(Collected data entries)
Start of Block
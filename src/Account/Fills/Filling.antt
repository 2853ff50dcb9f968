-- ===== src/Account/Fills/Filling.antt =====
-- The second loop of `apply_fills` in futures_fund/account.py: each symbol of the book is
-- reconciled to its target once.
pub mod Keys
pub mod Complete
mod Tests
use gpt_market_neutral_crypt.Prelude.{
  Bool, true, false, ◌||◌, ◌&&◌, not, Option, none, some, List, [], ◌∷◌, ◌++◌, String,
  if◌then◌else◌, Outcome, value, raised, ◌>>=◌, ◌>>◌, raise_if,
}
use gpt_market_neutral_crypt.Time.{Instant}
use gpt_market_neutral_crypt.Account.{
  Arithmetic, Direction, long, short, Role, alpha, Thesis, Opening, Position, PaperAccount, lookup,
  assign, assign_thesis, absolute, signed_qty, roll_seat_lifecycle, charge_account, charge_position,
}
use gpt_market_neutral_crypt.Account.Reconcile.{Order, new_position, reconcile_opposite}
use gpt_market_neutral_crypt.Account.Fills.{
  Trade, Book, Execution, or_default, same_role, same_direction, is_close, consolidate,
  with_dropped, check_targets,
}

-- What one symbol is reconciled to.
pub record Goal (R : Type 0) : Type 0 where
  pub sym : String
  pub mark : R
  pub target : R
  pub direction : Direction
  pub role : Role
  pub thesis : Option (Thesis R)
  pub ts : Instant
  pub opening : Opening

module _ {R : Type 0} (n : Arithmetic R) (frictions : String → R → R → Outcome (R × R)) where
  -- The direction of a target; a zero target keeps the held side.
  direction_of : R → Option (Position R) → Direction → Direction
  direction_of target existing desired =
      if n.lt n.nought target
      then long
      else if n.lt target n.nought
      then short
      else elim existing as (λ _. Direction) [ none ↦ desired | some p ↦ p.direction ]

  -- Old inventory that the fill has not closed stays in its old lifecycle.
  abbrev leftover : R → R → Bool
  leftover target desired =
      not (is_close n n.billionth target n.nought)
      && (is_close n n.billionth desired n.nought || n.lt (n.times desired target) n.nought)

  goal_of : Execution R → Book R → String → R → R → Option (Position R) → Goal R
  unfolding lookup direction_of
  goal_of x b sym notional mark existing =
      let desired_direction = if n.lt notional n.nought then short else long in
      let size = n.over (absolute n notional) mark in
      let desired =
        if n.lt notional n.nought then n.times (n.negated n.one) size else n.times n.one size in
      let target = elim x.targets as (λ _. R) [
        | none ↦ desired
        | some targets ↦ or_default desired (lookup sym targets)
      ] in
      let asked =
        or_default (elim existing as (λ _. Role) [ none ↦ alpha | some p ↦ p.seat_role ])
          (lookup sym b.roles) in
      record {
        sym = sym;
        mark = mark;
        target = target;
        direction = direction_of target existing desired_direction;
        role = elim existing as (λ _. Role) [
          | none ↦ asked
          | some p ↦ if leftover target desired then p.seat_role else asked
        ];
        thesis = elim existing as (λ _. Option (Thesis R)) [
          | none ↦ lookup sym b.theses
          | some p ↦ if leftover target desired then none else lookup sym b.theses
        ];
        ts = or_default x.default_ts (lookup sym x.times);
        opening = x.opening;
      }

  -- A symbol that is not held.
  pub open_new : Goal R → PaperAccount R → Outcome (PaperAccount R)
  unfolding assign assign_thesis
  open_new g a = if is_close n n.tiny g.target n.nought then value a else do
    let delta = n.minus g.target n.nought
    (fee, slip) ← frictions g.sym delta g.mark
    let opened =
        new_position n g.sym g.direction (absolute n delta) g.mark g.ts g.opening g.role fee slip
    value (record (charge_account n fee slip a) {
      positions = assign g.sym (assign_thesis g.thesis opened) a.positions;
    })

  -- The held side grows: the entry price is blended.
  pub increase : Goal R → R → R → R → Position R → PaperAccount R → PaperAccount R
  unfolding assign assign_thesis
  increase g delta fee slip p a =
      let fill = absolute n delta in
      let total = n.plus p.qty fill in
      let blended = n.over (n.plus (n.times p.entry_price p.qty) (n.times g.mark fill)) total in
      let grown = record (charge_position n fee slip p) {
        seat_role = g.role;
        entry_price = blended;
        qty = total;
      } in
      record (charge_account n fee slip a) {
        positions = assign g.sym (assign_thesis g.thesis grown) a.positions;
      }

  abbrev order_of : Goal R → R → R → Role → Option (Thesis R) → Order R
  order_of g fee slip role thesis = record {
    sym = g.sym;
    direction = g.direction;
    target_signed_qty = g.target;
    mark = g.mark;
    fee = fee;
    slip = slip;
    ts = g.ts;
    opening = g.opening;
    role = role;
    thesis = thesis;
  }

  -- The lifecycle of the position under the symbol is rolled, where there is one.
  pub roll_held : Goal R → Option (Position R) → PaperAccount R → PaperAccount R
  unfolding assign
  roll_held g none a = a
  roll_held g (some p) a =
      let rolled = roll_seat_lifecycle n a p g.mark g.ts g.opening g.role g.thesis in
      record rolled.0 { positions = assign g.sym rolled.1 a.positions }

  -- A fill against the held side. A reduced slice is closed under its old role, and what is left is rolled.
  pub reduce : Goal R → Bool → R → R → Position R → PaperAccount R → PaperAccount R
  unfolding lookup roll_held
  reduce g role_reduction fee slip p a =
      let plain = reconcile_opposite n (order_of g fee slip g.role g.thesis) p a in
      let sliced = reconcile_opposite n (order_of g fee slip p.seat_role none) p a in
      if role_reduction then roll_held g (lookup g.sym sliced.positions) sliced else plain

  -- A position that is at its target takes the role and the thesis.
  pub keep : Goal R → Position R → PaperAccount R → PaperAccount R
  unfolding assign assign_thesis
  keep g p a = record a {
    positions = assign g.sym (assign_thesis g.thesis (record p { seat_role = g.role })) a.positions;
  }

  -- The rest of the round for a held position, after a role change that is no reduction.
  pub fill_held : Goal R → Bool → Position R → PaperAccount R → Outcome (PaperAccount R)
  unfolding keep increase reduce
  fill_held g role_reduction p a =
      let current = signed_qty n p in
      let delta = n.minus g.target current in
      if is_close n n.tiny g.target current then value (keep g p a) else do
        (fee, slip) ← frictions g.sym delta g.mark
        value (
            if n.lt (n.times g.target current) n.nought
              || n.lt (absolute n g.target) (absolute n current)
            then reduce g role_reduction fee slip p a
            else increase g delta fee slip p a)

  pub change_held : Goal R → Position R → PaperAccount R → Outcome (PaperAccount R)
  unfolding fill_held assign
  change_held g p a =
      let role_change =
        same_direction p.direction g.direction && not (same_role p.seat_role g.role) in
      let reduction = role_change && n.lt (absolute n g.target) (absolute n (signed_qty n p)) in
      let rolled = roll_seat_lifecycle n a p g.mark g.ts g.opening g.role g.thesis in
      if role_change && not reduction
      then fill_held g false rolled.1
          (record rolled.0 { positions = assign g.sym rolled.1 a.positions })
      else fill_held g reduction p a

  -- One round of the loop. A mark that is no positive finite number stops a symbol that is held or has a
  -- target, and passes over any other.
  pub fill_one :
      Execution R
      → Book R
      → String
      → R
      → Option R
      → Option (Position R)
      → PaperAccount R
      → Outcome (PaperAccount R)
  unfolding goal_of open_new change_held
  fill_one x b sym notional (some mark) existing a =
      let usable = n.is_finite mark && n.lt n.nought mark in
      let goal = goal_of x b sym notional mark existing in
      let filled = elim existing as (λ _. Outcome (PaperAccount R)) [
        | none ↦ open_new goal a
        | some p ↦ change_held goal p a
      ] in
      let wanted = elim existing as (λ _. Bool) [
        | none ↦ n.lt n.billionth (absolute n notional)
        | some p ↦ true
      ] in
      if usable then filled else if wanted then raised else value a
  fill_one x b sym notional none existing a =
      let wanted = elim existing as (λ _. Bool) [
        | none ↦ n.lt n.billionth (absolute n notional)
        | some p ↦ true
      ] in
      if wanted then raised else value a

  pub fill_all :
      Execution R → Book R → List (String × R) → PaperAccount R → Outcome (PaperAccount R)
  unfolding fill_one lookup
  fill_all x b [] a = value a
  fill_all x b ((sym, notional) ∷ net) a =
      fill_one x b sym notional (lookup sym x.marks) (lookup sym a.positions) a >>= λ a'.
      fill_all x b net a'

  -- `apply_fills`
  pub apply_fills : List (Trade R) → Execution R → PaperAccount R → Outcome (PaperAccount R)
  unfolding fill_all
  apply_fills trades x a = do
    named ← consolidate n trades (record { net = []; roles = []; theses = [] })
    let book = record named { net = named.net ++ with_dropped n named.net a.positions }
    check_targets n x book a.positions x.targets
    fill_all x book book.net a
End of Block
#### [Aim of the exercise]
Find each line above with the string "blended", then report how many there are. Write only the number.

#### [Answer box]
3